ENTRIES SHOWN -
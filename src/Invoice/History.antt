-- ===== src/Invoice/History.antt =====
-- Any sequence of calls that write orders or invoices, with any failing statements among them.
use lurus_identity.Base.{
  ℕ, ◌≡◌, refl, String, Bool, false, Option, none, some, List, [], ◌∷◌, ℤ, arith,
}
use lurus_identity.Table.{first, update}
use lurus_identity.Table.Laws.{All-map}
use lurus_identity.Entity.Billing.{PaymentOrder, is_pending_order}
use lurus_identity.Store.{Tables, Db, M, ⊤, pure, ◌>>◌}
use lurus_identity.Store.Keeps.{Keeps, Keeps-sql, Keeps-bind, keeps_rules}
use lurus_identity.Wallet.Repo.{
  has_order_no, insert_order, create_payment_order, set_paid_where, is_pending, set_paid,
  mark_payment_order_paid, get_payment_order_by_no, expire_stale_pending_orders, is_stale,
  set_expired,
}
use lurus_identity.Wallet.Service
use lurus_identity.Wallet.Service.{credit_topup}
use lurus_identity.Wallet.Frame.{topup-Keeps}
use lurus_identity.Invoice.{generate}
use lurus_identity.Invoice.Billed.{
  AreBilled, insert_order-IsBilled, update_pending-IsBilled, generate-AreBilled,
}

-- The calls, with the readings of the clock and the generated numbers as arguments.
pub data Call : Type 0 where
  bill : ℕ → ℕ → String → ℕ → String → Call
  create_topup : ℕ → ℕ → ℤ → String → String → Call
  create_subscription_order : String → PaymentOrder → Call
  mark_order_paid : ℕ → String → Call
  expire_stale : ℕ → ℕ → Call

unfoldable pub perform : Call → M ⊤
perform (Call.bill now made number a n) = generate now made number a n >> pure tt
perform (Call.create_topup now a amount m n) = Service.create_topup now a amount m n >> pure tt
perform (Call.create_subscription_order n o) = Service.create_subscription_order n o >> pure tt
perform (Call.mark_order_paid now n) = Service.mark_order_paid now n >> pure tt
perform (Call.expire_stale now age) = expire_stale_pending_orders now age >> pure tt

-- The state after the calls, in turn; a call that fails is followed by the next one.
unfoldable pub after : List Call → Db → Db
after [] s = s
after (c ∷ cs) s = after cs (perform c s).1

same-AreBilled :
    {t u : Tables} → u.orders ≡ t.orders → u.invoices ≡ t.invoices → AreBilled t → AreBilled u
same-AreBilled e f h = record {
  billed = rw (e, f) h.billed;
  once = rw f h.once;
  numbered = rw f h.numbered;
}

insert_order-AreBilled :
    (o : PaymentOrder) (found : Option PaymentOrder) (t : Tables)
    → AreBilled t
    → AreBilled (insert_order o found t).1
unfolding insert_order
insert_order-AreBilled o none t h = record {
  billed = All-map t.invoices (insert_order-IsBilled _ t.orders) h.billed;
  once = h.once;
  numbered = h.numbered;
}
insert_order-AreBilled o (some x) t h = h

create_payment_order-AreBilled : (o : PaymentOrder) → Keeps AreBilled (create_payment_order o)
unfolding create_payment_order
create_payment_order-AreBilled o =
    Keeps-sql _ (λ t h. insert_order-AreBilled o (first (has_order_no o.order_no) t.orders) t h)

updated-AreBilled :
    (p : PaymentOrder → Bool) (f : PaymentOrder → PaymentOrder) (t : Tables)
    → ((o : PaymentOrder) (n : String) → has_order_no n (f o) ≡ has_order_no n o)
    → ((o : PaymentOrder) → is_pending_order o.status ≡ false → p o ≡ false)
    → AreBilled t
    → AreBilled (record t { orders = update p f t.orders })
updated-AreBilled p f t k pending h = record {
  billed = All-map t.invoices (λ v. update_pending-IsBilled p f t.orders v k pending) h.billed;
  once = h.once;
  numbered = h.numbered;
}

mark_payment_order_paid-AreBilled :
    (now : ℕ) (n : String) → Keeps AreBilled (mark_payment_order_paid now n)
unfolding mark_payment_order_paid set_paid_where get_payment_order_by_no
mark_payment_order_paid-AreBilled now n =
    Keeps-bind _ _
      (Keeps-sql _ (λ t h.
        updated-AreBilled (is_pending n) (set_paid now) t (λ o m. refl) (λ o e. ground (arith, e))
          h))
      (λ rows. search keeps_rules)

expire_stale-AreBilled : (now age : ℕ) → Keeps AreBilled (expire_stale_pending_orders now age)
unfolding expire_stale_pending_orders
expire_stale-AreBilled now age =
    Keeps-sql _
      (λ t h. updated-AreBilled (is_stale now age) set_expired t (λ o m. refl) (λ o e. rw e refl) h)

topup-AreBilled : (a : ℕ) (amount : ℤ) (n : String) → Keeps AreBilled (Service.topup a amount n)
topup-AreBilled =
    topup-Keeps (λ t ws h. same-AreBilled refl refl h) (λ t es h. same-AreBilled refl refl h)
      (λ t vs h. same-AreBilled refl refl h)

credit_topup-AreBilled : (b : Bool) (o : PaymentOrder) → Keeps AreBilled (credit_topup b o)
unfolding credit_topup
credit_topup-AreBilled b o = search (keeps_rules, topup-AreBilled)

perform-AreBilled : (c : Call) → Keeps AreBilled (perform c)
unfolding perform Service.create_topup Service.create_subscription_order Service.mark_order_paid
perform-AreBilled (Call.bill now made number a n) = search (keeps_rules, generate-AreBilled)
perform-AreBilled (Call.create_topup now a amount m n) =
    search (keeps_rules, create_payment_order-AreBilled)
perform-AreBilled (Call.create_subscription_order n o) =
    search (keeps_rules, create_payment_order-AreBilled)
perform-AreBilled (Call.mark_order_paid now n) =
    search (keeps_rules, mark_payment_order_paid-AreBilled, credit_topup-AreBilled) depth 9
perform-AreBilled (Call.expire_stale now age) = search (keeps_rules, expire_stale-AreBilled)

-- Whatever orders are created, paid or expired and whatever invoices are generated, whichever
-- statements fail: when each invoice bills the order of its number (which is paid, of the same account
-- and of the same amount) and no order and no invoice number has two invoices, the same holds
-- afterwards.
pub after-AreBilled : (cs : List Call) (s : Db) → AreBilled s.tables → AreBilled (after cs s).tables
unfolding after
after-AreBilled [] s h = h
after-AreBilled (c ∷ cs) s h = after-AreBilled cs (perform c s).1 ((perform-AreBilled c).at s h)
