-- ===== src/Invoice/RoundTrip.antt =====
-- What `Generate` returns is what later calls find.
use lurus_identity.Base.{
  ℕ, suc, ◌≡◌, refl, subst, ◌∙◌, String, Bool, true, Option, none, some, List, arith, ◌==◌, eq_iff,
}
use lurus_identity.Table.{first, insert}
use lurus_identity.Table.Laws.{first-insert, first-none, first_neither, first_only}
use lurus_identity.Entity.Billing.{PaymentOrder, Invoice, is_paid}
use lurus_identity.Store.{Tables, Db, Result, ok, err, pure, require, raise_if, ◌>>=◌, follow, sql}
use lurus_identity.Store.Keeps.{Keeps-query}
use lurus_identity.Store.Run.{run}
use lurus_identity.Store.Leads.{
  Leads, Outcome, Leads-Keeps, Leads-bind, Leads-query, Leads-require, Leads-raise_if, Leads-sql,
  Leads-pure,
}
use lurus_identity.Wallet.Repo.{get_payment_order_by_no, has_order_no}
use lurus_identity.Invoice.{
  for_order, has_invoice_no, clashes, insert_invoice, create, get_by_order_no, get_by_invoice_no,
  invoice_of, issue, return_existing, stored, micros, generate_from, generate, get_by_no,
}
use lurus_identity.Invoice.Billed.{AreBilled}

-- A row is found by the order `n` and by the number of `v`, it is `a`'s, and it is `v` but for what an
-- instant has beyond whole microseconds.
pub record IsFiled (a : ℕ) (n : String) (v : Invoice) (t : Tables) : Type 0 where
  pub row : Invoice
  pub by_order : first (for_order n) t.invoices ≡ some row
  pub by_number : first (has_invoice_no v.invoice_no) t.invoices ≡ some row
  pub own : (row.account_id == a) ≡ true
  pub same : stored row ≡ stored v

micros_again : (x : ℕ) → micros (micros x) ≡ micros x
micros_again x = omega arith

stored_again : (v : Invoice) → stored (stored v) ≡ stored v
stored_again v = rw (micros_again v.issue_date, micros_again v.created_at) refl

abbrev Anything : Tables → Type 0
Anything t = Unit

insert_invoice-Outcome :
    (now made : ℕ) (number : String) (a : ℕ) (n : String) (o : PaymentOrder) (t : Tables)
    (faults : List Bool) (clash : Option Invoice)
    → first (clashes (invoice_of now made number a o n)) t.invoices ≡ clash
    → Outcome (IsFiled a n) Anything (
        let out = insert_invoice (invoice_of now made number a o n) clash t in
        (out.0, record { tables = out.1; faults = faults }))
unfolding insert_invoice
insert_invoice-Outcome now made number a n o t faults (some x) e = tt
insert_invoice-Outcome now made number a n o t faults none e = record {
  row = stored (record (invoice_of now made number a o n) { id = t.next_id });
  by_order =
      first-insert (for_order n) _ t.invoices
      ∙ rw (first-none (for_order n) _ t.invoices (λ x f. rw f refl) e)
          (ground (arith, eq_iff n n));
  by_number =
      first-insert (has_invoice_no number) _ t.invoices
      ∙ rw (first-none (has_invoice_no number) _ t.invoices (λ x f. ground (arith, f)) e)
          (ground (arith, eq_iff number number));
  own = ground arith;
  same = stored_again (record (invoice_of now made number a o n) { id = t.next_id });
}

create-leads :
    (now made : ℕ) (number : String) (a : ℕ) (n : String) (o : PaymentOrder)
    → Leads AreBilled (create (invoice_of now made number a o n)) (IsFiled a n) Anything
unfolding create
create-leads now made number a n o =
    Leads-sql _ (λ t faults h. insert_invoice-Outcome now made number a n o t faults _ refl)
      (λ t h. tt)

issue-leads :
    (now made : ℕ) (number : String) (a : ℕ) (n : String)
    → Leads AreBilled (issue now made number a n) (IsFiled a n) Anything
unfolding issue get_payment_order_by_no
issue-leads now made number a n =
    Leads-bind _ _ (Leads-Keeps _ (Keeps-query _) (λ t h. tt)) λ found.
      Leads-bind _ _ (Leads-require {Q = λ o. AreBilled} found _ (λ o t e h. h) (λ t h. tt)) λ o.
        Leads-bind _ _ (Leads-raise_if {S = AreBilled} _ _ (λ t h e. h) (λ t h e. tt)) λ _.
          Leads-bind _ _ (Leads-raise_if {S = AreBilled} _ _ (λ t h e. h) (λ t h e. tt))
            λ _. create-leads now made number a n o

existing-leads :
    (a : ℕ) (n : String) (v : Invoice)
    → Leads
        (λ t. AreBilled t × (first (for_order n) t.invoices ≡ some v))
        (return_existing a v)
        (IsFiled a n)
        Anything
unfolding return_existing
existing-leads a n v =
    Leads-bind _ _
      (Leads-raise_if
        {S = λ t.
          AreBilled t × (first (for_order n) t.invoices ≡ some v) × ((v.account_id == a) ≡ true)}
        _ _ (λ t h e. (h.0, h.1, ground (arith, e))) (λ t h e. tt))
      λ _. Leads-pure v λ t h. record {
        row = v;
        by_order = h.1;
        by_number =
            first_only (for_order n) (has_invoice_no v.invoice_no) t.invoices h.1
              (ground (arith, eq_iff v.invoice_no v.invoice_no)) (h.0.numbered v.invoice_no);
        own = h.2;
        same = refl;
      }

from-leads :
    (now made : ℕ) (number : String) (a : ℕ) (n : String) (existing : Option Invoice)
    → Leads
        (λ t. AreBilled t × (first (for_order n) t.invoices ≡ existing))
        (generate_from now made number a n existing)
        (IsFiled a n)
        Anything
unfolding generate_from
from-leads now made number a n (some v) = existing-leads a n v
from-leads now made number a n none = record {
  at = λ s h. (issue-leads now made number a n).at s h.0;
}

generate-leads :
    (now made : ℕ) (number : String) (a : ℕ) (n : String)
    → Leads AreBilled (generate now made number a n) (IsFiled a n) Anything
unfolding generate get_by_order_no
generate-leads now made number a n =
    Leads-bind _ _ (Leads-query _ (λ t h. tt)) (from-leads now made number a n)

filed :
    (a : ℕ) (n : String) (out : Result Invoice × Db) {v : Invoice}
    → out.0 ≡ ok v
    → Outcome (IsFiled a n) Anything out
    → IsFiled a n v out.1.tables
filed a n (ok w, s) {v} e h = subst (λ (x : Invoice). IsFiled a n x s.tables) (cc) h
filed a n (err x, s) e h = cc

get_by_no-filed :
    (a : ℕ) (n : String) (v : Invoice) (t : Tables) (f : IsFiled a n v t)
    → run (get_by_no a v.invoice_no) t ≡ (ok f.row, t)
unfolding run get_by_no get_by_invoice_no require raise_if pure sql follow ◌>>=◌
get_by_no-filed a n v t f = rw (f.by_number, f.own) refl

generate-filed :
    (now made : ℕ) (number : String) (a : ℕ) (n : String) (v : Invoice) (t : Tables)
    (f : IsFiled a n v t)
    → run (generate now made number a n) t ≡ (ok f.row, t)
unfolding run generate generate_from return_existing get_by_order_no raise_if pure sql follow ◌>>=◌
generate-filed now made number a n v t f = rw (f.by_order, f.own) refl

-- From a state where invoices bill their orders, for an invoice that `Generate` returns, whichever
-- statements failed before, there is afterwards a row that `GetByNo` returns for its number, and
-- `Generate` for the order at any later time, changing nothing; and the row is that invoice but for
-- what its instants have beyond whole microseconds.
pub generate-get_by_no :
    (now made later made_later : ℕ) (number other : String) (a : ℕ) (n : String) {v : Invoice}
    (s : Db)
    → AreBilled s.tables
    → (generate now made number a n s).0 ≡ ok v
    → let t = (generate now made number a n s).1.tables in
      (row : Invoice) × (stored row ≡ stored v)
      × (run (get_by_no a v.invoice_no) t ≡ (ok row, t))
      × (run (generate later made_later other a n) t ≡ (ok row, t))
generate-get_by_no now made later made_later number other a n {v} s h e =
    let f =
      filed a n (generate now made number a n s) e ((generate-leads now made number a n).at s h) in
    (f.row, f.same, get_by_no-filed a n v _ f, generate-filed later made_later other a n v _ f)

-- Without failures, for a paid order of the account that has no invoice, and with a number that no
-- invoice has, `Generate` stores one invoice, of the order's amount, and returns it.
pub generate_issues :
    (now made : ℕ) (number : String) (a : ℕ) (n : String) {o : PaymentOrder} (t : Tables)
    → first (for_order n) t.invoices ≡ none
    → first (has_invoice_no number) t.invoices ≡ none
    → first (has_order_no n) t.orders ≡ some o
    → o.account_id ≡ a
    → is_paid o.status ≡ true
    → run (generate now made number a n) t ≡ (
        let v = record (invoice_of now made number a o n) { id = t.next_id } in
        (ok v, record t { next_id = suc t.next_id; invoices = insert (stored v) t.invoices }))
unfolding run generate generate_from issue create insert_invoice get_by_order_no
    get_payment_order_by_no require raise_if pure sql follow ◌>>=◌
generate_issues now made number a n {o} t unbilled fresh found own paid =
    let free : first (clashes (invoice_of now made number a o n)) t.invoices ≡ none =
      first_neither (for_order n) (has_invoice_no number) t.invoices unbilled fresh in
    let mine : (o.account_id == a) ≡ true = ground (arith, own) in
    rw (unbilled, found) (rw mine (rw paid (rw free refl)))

TASK TO COMPLETE -
Give the number of lines in the records where the word "calls" shows up. Nothing else belongs in the reply.

ANSWER FOR THIS EXERCISE -
4